Presenter, to camera: “we want to test the safety features of the new Volkswagen. It has thousands of sensors and can tell exactly what is going on around it. The literature says it can sense a person in the road while driving at 40 mph and can stop in time, every time. So, let’s test this, shall we”?

Next shot is a badly glued together collection of cardboard boxes with a smiley face.

Presenter: “I am afraid I am not brave enough to try this so I have created the perfect replica of a real person”.

Cut to shot of car driving towards boxes, driven by ‘the Stig’ (for it is he).

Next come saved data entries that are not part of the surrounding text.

-- ===== src/Server/Accounts/Updates.antt =====
-- What updating a user does: `handleUserUpdate` of cmd/medb/handlers.go.
use medb.Base.{
  ◌≡◌, ◌≢◌, refl, ap, subst, ◌∙◌, ◌≤◌, ◌<◌, inl, inr, ℕ, Bool, true, false, ◌&&◌, not, is_some,
  Option, none, some, List, [], ◌∷◌, arith, Bytes, bytes, bytes_eq, bytes_eq_refl, if◌then◌else◌,
}
use medb.Result.{Result, ok, err}
use medb.Codec.{Codec}
use medb.Db.{Db}
use medb.Collection.{update_doc}
use medb.Server.{Host}
use medb.Server.Roles.{Role, valid_role}
use medb.Server.Auth.{
  User, Token, AuthStore, user_collection, token_collection, get_user, get_token,
  parse_utc_timestamp, valid_user_record, authenticate,
}
use medb.Server.Fields.{Checked-cases, good, Fields, check_fields, optional_bool_field}
use medb.Server.Fresh.{HostLaws}
use medb.Server.Handlers.{read_object}
use medb.Server.Records.{
  IsUserForm, RecordLaws, valid_user_record-IsUserForm, get-update_doc, get-update_doc_other,
  users_apart,
}
use medb.Server.Accounts.{
  waits_reread, update_answer, new_role_field, id_field, change_user, update_user,
  handle_user_update,
}
use medb.Server.Accounts.Users.{role_field_lem}

update_answer_inv :
    (uid : Bytes) (r : Option (Result ℕ) × Db) (commit : ℕ) (uid' : Bytes)
    → (update_answer uid r).0 ≡ waits_reread commit uid'
    → (r.0 ≡ some (ok commit)) × (uid ≡ uid') × ((update_answer uid r).1 ≡ r.1)
unfolding update_answer
update_answer_inv uid (none, db) commit uid' e = absurd (ground arith)
update_answer_inv uid (some (ok n), db) commit uid' e = (ground arith, ground arith, refl)
update_answer_inv uid (some (err x), db) commit uid' e = absurd (ground arith)

module _ (h : Host) where
  new_role_field_lem :
      (fields : Fields) (role : Role)
      → new_role_field h fields ≡ good (some role)
      → valid_role role ≡ true
  unfolding new_role_field
  new_role_field_lem fields role e = ground (arith, role_field_lem h fields role)

  read_object_good :
      (allowed required : List Bytes) (fields fields' : Fields)
      → read_object allowed required (good fields) ≡ good fields'
      → fields ≡ fields'
  unfolding read_object check_fields
  read_object_good allowed required fields fields' e = ground arith

  update_user_inv :
      (a : AuthStore) (c : Codec) (now : ℕ) (uid : Bytes) (new_role : Option Role)
      (disabled : Option Bool) (db : Db) (commit : ℕ) (uid' : Bytes)
      → (update_user h a c now uid new_role disabled db).0 ≡ waits_reread commit uid'
      → (uid ≡ uid')
        × ((update_doc a.users user_collection c uid (change_user h uid new_role disabled now) db).0
            ≡ some (ok commit))
        × ((update_user h a c now uid new_role disabled db).1
            ≡ (update_doc a.users user_collection c uid
                (change_user h uid new_role disabled now)
                db).1)
  unfolding update_user
  update_user_inv a c now uid new_role disabled db commit uid' e =
      let r =
        update_doc a.users user_collection c uid (change_user h uid new_role disabled now) db in
      let (done, same, db') = update_answer_inv uid r commit uid' e in (same, done, db')

  -- An accepted request to change a user, in its parts.
  user_update_inv :
      (a : AuthStore) (c : Codec) (now : ℕ) (fields : Fields) (db : Db) (commit : ℕ) (uid : Bytes)
      → (handle_user_update h a c now (good fields) db).0 ≡ waits_reread commit uid
      → (new_role : Option Role) × (disabled : Option Bool) × (new_role_field h fields
          ≡ good new_role)
        × (optional_bool_field h fields (bytes "disabled") ≡ good disabled)
        × ((update_user h a c now uid new_role disabled db).0 ≡ waits_reread commit uid)
        × ((handle_user_update h a c now (good fields) db).1
            ≡ (update_user h a c now uid new_role disabled db).1)
  unfolding handle_user_update
  user_update_inv a c now fields db commit uid e =
      let all = bytes "user_id" ∷ (bytes "role" ∷ (bytes "disabled" ∷ [])) in
      elim (Checked-cases (read_object all (bytes "user_id" ∷ []) (good fields))) [
        | inr (f, e1) ↦ absurd (ground arith)
        | inl (fields', e1) ↦
            let same = read_object_good all (bytes "user_id" ∷ []) fields fields' e1 in
            elim (Checked-cases (id_field h fields' (bytes "user_id") 32)) [
              | inr (f, e2) ↦ absurd (ground arith)
              | inl (uid', e2) ↦ elim (Checked-cases (new_role_field h fields')) [
                | inr (f, e3) ↦ absurd (ground arith)
                | inl (new_role, e3) ↦
                    elim (Checked-cases (optional_bool_field h fields' (bytes "disabled"))) [
                      | inr (f, e4) ↦ absurd (ground arith)
                      | inl (disabled, e4) ↦
                          let some_change : (not (is_some new_role) && not (is_some disabled))
                              ≡ false =
                            ground arith in
                          let made : (update_user h a c now uid' new_role disabled db).0
                              ≡ waits_reread commit uid =
                            ground arith in
                          let (ids, _, _) =
                            update_user_inv a c now uid' new_role disabled db commit uid made in
                          (
                            new_role,
                            disabled,
                            rw same e3,
                            rw same e4,
                            subst
                                (λ i.
                                  (update_user h a c now i new_role disabled db).0
                                  ≡ waits_reread commit uid)
                                ids made,
                            rw (handle_user_update, e1, e2, e3, e4, some_change, ids),
                          )
                    ]
              ]
            ]
      ]

  abbrev pub changed : Option Role → Option Bool → Bytes → User → User
  changed new_role disabled time user = record user {
    role = elim new_role [ none ↦ user.role | some role ↦ role ];
    disabled = elim disabled [ none ↦ user.disabled | some d ↦ d ];
    updated_at = time;
  }

  change_user_inv :
      (uid : Bytes) (new_role : Option Role) (disabled : Option Bool) (now : ℕ) (user user' : User)
      → change_user h uid new_role disabled now user ≡ some (ok user')
      → (valid_user_record h uid user ≡ true)
        × (changed new_role disabled (h.format_time now) user ≡ user')
  unfolding change_user
  change_user_inv uid new_role disabled now user user' e = (ground arith, ground arith)

  module _ {a : AuthStore} {last : ℕ} (laws : HostLaws h last) (json : RecordLaws h a) where
    changed-IsUserForm :
        (uid : Bytes) (new_role : Option Role) (disabled : Option Bool) (now : ℕ) (user : User)
        → now ≤ last
        → ((role : Role) → new_role ≡ some role → valid_role role ≡ true)
        → valid_user_record h uid user ≡ true
        → IsUserForm h (changed new_role disabled (h.format_time now) user)
    changed-IsUserForm uid none disabled now user early roles valid =
        let (label, role, created, _) = valid_user_record-IsUserForm h uid user valid in
        let time = laws.time_back now early in (label, role, created, ground arith)
    changed-IsUserForm uid (some r) disabled now user early roles valid =
        let (label, role, created, _) = valid_user_record-IsUserForm h uid user valid in
        let time = laws.time_back now early in (label, roles r refl, created, ground arith)

    -- A user whose update was accepted, at a time whose text is read back: a valid record was stored
    -- under that id. Its role is the one of the request, if there is one, and so whether it is
    -- disabled; its name and the time of its creation stay, and no other user and no token changes.
    pub handle_user_update_lem :
        (c : Codec) (now : ℕ) (fields : Fields) (db : Db) (commit : ℕ) (uid : Bytes)
        → now ≤ last
        → (handle_user_update h a c now (good fields) db).0 ≡ waits_reread commit uid
        → (new_role : Option Role) × (disabled : Option Bool) × (user : User) × (new_role_field h
              fields
            ≡ good new_role)
          × (optional_bool_field h fields (bytes "disabled") ≡ good disabled)
          × (get_user a uid db ≡ ok user)
          × (valid_user_record h uid user ≡ true)
          × ((id : Bytes)
              → get_user a id (handle_user_update h a c now (good fields) db).1 ≡ (
                  if bytes_eq uid id
                  then ok (changed new_role disabled (h.format_time now) user)
                  else get_user a id db))
          × ((tid : Bytes)
              → get_token a tid (handle_user_update h a c now (good fields) db).1
                ≡ get_token a tid db)
    handle_user_update_lem c now fields db commit uid early e =
        let (new_role, disabled, e1, e2, made, db') =
          user_update_inv a c now fields db commit uid e in
        let (_, done, db'') = update_user_inv a c now uid new_role disabled db commit uid made in
        let fn = change_user h uid new_role disabled now in
        let back : (v v' : User) (raw : Bytes)
            → fn v ≡ some (ok v')
            → a.users.marshal v' ≡ some raw
            → a.users.unmarshal raw ≡ some v' =
          λ v v' raw called enc.
            (let (valid, same) = change_user_inv uid new_role disabled now v v' called in
              json.user_back v' raw
                (subst (IsUserForm h) same (
                  changed-IsUserForm uid new_role disabled now v early
                    (λ r is_new. new_role_field_lem fields r (e1 ∙ ap good is_new)) valid))
                enc) in
        let (v, v', found, called, users) =
          get-update_doc a.users c user_collection fn uid db commit back
            (bytes_eq_refl user_collection) done in
        let (valid, same) = change_user_inv uid new_role disabled now v v' called in
        (
          new_role,
          disabled,
          v,
          e1,
          e2,
          unfold get_user in found,
          valid,
          λ id. unfold get_user in rw (db', db'', same) (users id),
          λ tid.
              unfold get_token in
              rw (db', db'')
                (get-update_doc_other a.users a.tokens c user_collection fn uid db commit
                  token_collection tid users_apart done),
        )

    -- Once an update that disables a user is accepted, every token of that user is refused, at any
    -- time.
    pub handle_user_update_disables :
        (c : Codec) (now : ℕ) (fields : Fields) (db : Db) (commit : ℕ) (uid token : Bytes)
        (rec : Token) (later : ℕ)
        → now ≤ last
        → (handle_user_update h a c now (good fields) db).0 ≡ waits_reread commit uid
        → optional_bool_field h fields (bytes "disabled") ≡ good (some true)
        → get_token a (h.digest token) db ≡ ok rec
        → rec.user_id ≡ uid
        → authenticate h a token later (handle_user_update h a c now (good fields) db).1 ≡ none
    unfolding authenticate
    handle_user_update_disables c now fields db commit uid token rec later early e off held owner =
        let (new_role, disabled, user, _, e2, _, _, users, tokens) =
          handle_user_update_lem c now fields db commit uid early e in
        let same_token = tokens (h.digest token) in
        let same_user = users uid in ground (arith, bytes_eq_refl uid)

    -- An update is stamped with the clock. Where the clock is before the time at which the user was
    -- created, the record that is stored is one that the server itself refuses: every token of the
    -- user is refused from then on, though it is not disabled, and so is every later update.
    pub handle_user_update_early :
        (c : Codec) (now : ℕ) (fields : Fields) (db : Db) (commit : ℕ) (uid : Bytes) (user : User)
        (created : ℕ)
        → now ≤ last
        → (handle_user_update h a c now (good fields) db).0 ≡ waits_reread commit uid
        → get_user a uid db ≡ ok user
        → parse_utc_timestamp h user.created_at ≡ some created
        → now < created
        → let db' = (handle_user_update h a c now (good fields) db).1 in
          ((token : Bytes) (rec : Token) (later : ℕ)
            → get_token a (h.digest token) db ≡ ok rec
            → rec.user_id ≡ uid
            → authenticate h a token later db' ≡ none)
          × ((later : ℕ) (fields' : Fields) (commit' : ℕ)
              → later ≤ last
              → (handle_user_update h a c later (good fields') db').0 ≢ waits_reread commit' uid)
    handle_user_update_early c now fields db commit uid user created early e found made before =
        let (new_role, disabled, user', _, _, found', _, users, tokens) =
          handle_user_update_lem c now fields db commit uid early e in
        let user'' = changed new_role disabled (h.format_time now) user' in
        let same_user : get_user a uid (handle_user_update h a c now (good fields) db).1
            ≡ ok user'' =
          users uid ∙ rw (bytes_eq_refl uid) in
        let time = laws.time_back now early in
        let bad : valid_user_record h uid user'' ≡ false =
          unfold valid_user_record in ground arith in
        (
          λ token rec later held owner.
              let same_token = tokens (h.digest token) in unfold authenticate in ground arith,
          λ later fields' commit' early' again.
              let (_, _, v, _, _, found'', valid, _, _) =
                handle_user_update_lem c later fields'
                  (handle_user_update h a c now (good fields) db).1 commit' uid early' again in
              ground arith,
        )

We wait for the moment that the car dips as it brakes. Nothing happens and the boxes are thrown into the air.

Presenter: “Hmm. Well, maybe the car’s thousand sensors didn’t stop because it wasn’t moving – after all, if it stopped every time it spotted a stationary object it would never, er, start in the first place. Let’s try moving the ‘person’.

Cut to collection of boxes haphazardly taped back together (and not looking great) with a trolley underneath. Someone off screen pulls it across the road, making it look quite like someone walking.

Cut to the car, and the Stig.

We wait for the dipping and the braking moment. Nothing happens and the boxes are thrown into the air again.

Presenter, now dressed in enormous amounts of ice hockey padding. “Well, there is only one thing left to do. Wish me luck.”

Cut to car, Stig, driving towards Presenter. Wait for the dip, the brake. Nothing. At the last moment Presenter dives out of the way.

Cut to Studio. Presenter: “well, I think we can conclude that there is a way to go before we let that on to our streets.

It was an amusing moment but with serious undercurrents.

Safety has not been adequately addressed, whatever some may say (and remember it is Google who has done a million miles of testing, not Volkswagen – clearly – or Porsche).

Even if the basic (‘stop, someone is crossing the road’) safety is water tight, an autonomous car is a connected device and connected devices are open to attack.

This means that autonomous cars will never be completely safe.

True, they will be a lot safer than mere mortals driving around but there is a lot of work needed still. It seems, in fact, that the company who has this in their sights is Deutsche Telekom who have a security operations center in Bonn looking at this. It is odd that it is a telecoms company and not a car company and perhaps this illustrates just how over relaxed about safety the industry is.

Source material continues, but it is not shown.